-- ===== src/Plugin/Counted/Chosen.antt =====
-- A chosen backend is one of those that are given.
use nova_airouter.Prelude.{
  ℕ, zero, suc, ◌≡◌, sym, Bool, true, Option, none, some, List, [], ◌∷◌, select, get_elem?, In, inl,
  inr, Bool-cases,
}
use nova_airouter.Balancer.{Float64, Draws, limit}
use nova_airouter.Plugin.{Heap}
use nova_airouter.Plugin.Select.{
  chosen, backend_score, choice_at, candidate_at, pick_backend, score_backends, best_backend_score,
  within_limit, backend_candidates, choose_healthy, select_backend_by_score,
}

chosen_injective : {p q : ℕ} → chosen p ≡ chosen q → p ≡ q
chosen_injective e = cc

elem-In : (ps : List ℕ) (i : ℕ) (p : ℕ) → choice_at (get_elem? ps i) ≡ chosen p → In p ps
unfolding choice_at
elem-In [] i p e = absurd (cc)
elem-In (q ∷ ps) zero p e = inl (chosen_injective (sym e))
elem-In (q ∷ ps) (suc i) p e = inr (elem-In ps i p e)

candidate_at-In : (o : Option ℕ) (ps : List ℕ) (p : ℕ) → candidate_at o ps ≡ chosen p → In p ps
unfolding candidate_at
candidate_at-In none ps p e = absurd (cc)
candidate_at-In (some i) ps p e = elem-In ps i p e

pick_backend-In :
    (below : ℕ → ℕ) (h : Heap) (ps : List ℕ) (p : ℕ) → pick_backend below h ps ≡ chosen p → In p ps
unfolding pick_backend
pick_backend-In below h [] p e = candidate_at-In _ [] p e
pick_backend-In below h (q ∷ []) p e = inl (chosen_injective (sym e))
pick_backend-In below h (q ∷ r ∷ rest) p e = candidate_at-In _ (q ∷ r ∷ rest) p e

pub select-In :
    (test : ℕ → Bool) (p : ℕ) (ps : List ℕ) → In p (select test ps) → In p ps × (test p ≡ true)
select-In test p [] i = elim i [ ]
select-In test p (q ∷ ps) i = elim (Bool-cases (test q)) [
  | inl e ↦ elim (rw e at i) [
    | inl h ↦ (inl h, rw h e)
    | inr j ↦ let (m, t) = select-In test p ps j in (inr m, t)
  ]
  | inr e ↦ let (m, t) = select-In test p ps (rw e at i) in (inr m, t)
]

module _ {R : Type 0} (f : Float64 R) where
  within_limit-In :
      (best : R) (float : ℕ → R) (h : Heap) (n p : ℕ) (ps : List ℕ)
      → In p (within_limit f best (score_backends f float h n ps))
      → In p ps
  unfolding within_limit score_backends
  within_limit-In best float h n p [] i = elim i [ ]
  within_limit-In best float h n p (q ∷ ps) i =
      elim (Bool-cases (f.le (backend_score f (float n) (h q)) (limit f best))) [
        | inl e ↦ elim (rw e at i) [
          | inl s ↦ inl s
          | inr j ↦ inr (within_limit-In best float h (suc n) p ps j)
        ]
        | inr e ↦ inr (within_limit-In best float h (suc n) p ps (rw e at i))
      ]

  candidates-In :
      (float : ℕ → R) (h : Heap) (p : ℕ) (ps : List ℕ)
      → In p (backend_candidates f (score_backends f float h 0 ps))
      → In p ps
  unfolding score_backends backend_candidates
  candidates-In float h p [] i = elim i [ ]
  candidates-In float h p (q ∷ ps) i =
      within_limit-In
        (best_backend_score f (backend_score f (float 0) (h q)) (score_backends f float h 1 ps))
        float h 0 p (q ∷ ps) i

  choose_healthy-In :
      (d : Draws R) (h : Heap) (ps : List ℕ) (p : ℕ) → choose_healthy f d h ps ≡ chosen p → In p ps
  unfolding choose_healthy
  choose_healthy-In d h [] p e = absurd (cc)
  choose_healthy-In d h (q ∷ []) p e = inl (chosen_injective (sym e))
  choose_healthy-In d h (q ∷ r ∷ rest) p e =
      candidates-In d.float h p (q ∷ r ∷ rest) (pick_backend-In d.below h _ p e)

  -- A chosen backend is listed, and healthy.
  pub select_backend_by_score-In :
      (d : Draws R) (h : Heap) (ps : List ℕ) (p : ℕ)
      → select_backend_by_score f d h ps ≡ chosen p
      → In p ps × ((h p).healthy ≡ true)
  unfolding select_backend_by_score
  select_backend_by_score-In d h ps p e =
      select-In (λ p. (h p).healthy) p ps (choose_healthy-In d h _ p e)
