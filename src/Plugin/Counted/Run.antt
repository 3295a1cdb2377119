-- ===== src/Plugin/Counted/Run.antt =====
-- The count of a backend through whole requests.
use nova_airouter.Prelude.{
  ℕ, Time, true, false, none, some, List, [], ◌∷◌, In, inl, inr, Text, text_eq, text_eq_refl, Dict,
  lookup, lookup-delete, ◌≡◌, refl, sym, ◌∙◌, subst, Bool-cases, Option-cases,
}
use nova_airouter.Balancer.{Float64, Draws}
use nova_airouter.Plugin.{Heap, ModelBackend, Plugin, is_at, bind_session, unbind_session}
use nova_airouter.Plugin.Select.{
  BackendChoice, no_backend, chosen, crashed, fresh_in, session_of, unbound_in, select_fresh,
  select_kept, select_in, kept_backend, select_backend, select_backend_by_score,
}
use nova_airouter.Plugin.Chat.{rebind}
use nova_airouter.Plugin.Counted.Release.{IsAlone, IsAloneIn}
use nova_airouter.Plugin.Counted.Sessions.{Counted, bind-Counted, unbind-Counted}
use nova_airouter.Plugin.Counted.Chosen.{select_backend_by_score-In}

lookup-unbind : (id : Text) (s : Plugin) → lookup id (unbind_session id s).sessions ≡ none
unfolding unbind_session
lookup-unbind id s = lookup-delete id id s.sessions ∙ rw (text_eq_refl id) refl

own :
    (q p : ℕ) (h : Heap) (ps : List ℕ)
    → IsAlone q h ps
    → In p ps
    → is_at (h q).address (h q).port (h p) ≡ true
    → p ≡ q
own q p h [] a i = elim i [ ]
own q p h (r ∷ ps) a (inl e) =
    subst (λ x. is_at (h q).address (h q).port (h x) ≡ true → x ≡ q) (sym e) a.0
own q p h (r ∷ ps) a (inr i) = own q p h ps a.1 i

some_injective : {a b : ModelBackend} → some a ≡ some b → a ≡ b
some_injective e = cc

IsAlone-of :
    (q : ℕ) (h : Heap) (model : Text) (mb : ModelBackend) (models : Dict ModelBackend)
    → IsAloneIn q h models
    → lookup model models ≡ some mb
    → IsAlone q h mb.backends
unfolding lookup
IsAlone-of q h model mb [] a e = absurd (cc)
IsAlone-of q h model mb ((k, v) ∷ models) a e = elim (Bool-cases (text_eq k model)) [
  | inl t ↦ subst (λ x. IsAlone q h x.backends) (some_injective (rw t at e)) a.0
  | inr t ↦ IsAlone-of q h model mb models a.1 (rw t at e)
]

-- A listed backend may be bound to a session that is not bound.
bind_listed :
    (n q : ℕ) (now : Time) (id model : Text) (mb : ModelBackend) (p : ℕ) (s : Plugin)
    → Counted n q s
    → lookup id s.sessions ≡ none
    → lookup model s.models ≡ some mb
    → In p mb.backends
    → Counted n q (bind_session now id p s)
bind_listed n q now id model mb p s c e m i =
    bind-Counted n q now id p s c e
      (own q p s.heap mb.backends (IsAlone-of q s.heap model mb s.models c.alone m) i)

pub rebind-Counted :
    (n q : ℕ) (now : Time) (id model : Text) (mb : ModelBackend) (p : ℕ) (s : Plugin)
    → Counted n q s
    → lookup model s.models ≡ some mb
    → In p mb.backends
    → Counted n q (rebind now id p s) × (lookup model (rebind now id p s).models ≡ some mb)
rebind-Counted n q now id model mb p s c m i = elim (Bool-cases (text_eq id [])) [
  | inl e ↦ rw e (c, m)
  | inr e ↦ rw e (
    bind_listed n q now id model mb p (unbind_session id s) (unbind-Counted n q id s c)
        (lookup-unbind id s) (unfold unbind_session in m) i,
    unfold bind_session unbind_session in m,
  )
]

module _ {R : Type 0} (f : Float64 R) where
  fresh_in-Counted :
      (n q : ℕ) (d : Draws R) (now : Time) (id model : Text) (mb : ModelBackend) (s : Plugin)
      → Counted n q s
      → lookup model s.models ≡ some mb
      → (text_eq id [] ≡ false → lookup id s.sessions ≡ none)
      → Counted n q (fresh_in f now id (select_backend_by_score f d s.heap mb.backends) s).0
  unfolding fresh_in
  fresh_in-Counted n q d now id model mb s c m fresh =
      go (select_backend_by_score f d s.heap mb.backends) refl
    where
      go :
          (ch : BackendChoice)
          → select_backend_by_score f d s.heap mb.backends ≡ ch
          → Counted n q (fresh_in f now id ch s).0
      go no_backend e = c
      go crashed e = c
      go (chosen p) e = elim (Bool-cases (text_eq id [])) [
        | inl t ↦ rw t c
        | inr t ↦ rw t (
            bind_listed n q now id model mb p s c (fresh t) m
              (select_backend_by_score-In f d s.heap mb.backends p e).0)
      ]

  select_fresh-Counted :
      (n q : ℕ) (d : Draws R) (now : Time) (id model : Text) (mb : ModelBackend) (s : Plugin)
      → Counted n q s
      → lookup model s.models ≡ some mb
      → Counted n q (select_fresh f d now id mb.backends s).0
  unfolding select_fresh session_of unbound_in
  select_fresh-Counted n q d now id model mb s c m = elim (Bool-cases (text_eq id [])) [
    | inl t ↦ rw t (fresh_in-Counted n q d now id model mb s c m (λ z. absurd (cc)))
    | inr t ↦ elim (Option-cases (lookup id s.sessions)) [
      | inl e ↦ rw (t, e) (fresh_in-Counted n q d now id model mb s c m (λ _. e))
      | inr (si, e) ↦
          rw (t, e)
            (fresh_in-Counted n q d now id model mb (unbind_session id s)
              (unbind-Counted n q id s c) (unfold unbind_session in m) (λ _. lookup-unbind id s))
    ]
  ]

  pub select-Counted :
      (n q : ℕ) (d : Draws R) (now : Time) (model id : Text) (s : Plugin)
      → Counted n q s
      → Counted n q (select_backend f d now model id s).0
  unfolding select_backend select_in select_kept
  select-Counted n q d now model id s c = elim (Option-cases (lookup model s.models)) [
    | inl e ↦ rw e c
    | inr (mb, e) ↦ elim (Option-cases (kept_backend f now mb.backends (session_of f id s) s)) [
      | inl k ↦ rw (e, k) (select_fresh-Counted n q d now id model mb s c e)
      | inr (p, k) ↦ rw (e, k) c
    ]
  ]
────────────────
What you will do:
Among the lines above, which ones include the word "none"? Copy them.

Written answer:
  ℕ, zero, suc, ◌≡◌, sym, Bool, true, Option, none, some, List, [], ◌∷◌, select, get_elem?, In, inl,
candidate_at-In none ps p e = absurd (cc)
  ℕ, Time, true, false, none, some, List, [], ◌∷◌, In, inl, inr, Text, text_eq, text_eq_refl, Dict,
lookup-unbind : (id : Text) (s : Plugin) → lookup id (unbind_session id s).sessions ≡ none
    → lookup id s.sessions ≡ none
      → (text_eq id [] ≡ false → lookup id s.sessions ≡ none)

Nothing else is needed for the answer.